I'm an only child and all these traits fit me perfectly. I find I'm a strange combination of being extroverted and introverted. On one had, growing up I was very lonely, and as everyone else has said I became very attached to my toys, and I learned to be very imaginative and comfortable by myself. Even now, I would describe myself as a loner, and prefering to be on my own, just because its what I'm used to. I've never really had any close friends, and like everyone else here, I've struggled to hold onto friendships over time. I'm not very trusting of others, and find it hard to relate sometimes. However, on the other hand I am a performer. Drama, music, public speaking, you name it. The weird thing is, my parents are not, they are very introverted individuals, so being a performer is quite unique since I had no obvious influence.I have no problem being in front I a crowd, and I believe myself to have good self esteam, even though I am very self critical. I don't bend to peer pressure as I've seen others do around me, and I have strong morals and a high achiever. Its a strange combination, but I'm thankful for it. Though I was lonely as a child, and regret never being able to have that close bond that only siblings can have with one another, I wouldn't change anything. I am only the person I am today because of my up bringing, and I'm proud of the triats its given me. However to contrdict that....I wouldn't want to wish it upon my kids, and plan to have mroe than 1.


----------



## Dreamer (Feb 5, 2010)

Strong attention to detail 
*Critical of self and others *
Confident 
High achiever 
Independent 
More likely to be *strongly introverted* or strongly extroverted 
Increased chance of success (because other siblings don't take resources) 
*Comfortable conversing with people older than themselves*
I bolded what I agree with. But I don't think i'm much like the stereotype at all.


----------



## cosmic zebra (Dec 30, 2009)

technically, i'm not an only child. i have an older sister, who is thirteen years my senior. as a result of this age difference, i'd consider myself somewhat of an only child. anyway, i'm certainly my mother's only child.

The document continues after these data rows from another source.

-- ===== src/Sorting/Plugins/Specific/Early.antt =====
-- src/sorting/plugins.rs: the order of the early loaders.
use libloot.Prelude.{
  ℕ, ◌<◌, ◌≡◌, refl, sym, subst, inl, inr, Bool, String, List, [], ◌∷◌, map, Memᴰ, mem_cons,
  not_mem_nil, Option, none, some, windows, last?, leb, arith, mem-count_from, mem-count_from_lt,
}
use libloot.Prelude.Sort.{stable_sort, mem-stable_sort, IsSorted, stable_sort-IsSorted}
use libloot.External.Petgraph.{Petgraph}
use libloot.Sorting.Graph.{Reach, Reach-trans}
use libloot.Sorting.Plugins.Data.{SortingPlugin, PluginSortingData}
use libloot.Sorting.Plugins.Graph.{PluginsGraph}
use libloot.Sorting.Plugins.Graph.Paths.{next_of, IsCacheSound}
use libloot.Sorting.Plugins.Specific.{
  node_indices, split_early_loaders, add_hardcoded_edges, add_hardcoded_edges_from,
  add_early_loading_plugin_edges,
}
use libloot.Sorting.Plugins.Specific.Names.{Extends, Extends-refl, Extends-trans, Reach-Extends}
use libloot.Sorting.Plugins.TieBreak.Chain.{IsChain}
use libloot.Sorting.Plugins.Specific.Positions.{node, mem-node, Reach-positions, Reach-last}
use libloot.Sorting.Plugins.Specific.Loaders.{
  add_hardcoded_edges-IsChain, add_hardcoded_edges_from-Reach, early_position, IsSplit,
  split_early_loaders-IsSplit,
}

module _ {E T : Type 0} (trait : SortingPlugin E T) (P : Petgraph (PluginSortingData T))
    (unicase_eq : String → String → Bool) where
  abbrev Graph : Type 0
  Graph = PluginsGraph trait P

  abbrev AreIn : Graph → List ℕ → Type 0
  AreIn graph l = (x : ℕ) → Memᴰ x l → x < P.node_count graph.inner

  -- The new graph has the old one's nodes and edges and a sound cache, early loaders lead to those
  -- that are later in the list, and to every plugin that is not in it.
  pub record LoadsEarly (early : List String) (old new : Graph) : Type 0 where
    pub extends : Extends trait P old new
    pub in_order :
        (x y i j : ℕ)
        → x < P.node_count old.inner
        → y < P.node_count old.inner
        → early_position trait P unicase_eq early old x ≡ some i
        → early_position trait P unicase_eq early old y ≡ some j
        → i < j
        → Reach (next_of trait P new) x y
    pub before_others :
        (x y i : ℕ)
        → x < P.node_count old.inner
        → y < P.node_count old.inner
        → early_position trait P unicase_eq early old x ≡ some i
        → early_position trait P unicase_eq early old y ≡ none
        → Reach (next_of trait P new) x y

  abbrev early_le : ℕ × ℕ → ℕ × ℕ → Bool
  early_le a b = leb a.0 b.0

  module _ (early : List String) (graph : Graph) (r : List (ℕ × ℕ) × List ℕ)
      (sound : IsCacheSound trait P graph)
      (split : IsSplit trait P unicase_eq early graph
        (node_indices trait P unicase_eq graph)
        r) where
    abbrev loaders : List (ℕ × ℕ)
    loaders = stable_sort early_le r.0

    abbrev chained : Graph
    chained = add_hardcoded_edges trait P unicase_eq (windows loaders) graph

    loaders-IsSorted : IsSorted early_le loaders
    loaders-IsSorted =
        stable_sort-IsSorted early_le (λ a b c h k. ground arith) (λ a b h. ground arith) r.0

    mem-loaders :
        (x i : ℕ)
        → x < P.node_count graph.inner
        → early_position trait P unicase_eq early graph x ≡ some i
        → Memᴰ (i, x) loaders
    mem-loaders x i h e = (mem-stable_sort early_le (i, x) r.0).1 (
        split.loader x i (mem-count_from 0 (P.node_count graph.inner) x (omega arith) (omega arith))
          e)

    node_lt :
        (x : ℕ) → Memᴰ x (node_indices trait P unicase_eq graph) → x < P.node_count graph.inner
    node_lt x m = omega (arith, mem-count_from_lt 0 (P.node_count graph.inner) x m)

    loaders-AreIn : AreIn graph (map node loaders)
    loaders-AreIn x m =
        go loaders (λ p mp. split.loaders_in p ((mem-stable_sort early_le p r.0).0 mp)) m
      where
        go :
            (l : List (ℕ × ℕ))
            → ((p : ℕ × ℕ) → Memᴰ p l → Memᴰ (node p) (node_indices trait P unicase_eq graph))
            → Memᴰ x (map node l)
            → x < P.node_count graph.inner
        go [] h m = absurd (not_mem_nil m)
        go (p ∷ l) h m = elim ((mem_cons x (node p) (map node l)).0 m) [
          | inl same ↦ node_lt x (
              subst (λ w. Memᴰ w (node_indices trait P unicase_eq graph)) (sym same)
                (h p (Memᴰ.head refl)))
          | inr m' ↦ go l (λ q mq. h q (Memᴰ.tail mq)) m'
        ]

    loaders-LoadsEarly : LoadsEarly early graph (elim (last? loaders) as (λ x. Graph) [
      | none ↦ chained
      | some (i, from_index) ↦ add_hardcoded_edges_from trait P unicase_eq from_index r.1 chained
    ])
    loaders-LoadsEarly =
        go (last? loaders) refl
          (add_hardcoded_edges-IsChain trait P unicase_eq loaders graph loaders-AreIn sound)
      where
        no_last : (l : List (ℕ × ℕ)) (p : ℕ × ℕ) → last? l ≡ none → Memᴰ p l → ⊥
        no_last [] p e m = not_mem_nil m
        no_last (x ∷ []) p e m = cc
        no_last (x ∷ y ∷ l) p e m = no_last (y ∷ l) y e (Memᴰ.head refl)

        mem-last : (l : List (ℕ × ℕ)) (p : ℕ × ℕ) → last? l ≡ some p → Memᴰ p l
        mem-last [] p e = absurd (cc)
        mem-last (x ∷ []) p e = Memᴰ.head (cc)
        mem-last (x ∷ y ∷ l) p e = Memᴰ.tail (mem-last (y ∷ l) p e)

        go :
            (o : Option (ℕ × ℕ))
            → last? loaders ≡ o
            → Extends trait P graph chained × IsChain (next_of trait P chained) (map node loaders)
            → LoadsEarly early graph (elim o as (λ x. Graph) [
              | none ↦ chained
              | some (i, from_index) ↦
                  add_hardcoded_edges_from trait P unicase_eq from_index r.1 chained
            ])
        go none e h = record {
          extends = h.0;
          in_order =
              λ x y i j hx hy ei ej lt. absurd (no_last loaders (i, x) e (mem-loaders x i hx ei));
          before_others =
              λ x y i hx hy ei ej. absurd (no_last loaders (i, x) e (mem-loaders x i hx ei));
        }
        go (some last) e (ext, chain) =
            let last_in =
              loaders-AreIn (node last) (mem-node loaders last (mem-last loaders last e)) in
            let more =
              add_hardcoded_edges_from-Reach trait P unicase_eq (node last) r.1 chained
                (omega (arith, last_in, ext.grows.count))
                (λ x m. omega (arith, node_lt x (split.others_in x m), ext.grows.count))
                ext.sound in
            record {
              extends = Extends-trans trait P ext more.0;
              in_order = λ x y i j hx hy ei ej lt. Reach-Extends trait P more.0 (
                  Reach-positions (next_of trait P chained) loaders (i, x) (j, y) loaders-IsSorted
                    chain (mem-loaders x i hx ei) (mem-loaders y j hy ej) lt);
              before_others = λ x y i hx hy ei ej.
                  Reach-trans
                    (Reach-Extends trait P more.0 (
                      Reach-last (next_of trait P chained) loaders (i, x) last chain
                        (mem-loaders x i hx ei) e))
                    (more.1 y (
                      split.other y
                        (mem-count_from 0 (P.node_count graph.inner) y (omega arith) (omega arith))
                        ej));
            }

  -- If the cache holds only pairs that a walk joins, adding the edges of the early loaders keeps the
  -- nodes, the edges and that property of the cache, and afterwards a walk leads from an early
  -- loader to each one that has a higher position in the list, and to each plugin that is not in
  -- the list.
  pub add_early_loading_plugin_edges-LoadsEarly :
      (early : List String) (graph : Graph)
      → IsCacheSound trait P graph
      → LoadsEarly early graph (add_early_loading_plugin_edges trait P unicase_eq early graph)
  unfolding add_early_loading_plugin_edges
  add_early_loading_plugin_edges-LoadsEarly [] graph sound = record {
    extends = Extends-refl trait P graph sound;
    in_order = λ x y i j hx hy ei ej lt. absurd (cc);
    before_others = λ x y i hx hy ei ej. absurd (cc);
  }
  add_early_loading_plugin_edges-LoadsEarly (e ∷ es) graph sound =
      loaders-LoadsEarly (e ∷ es) graph
        (split_early_loaders trait P unicase_eq (e ∷ es) (node_indices trait P unicase_eq graph)
          graph)
        sound
        (split_early_loaders-IsSplit trait P unicase_eq (e ∷ es)
          (node_indices trait P unicase_eq graph) graph)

- strong attention to detail? i don't know. when i was younger, i'd always notice the typos in books. but otherwise... i think i pretend to be oblivious, but i'm not. to me, details include faults. close inspection of faults. it can be a headache, especially when your own work/life/face is the object that's being inspected...

which totally brings me to being critical of myself and others - yes (to self). i know my every fault, inside and out. i suck etc. others? i can be... yeah...

apparently i have high standards/am a perfectionist.

over-achiever? in a way, but... no. under-achiever. all or nothing. if i can't do it perfectly, is it really worth my time? and on and on and on.

more introverted than extroverted. but not strongly so. i did spend time with a lot of other kids my age when growing up. as i've gotten older, i appear to become more socially awkward, however, but... i drive myself crazy after a while. social isolation does me in. that said, a splendid night in with myself is held to higher regard than a good night out with mates. so maybe i am quite introverted.

independent? somewhat. not really. perhaps. 

and i find talking to people older than myself very difficult, because i feel they can see right through me, penetrating deep into my very (corrupt) soul and all that.

... maybe i suck at being an only (ish) child.


----------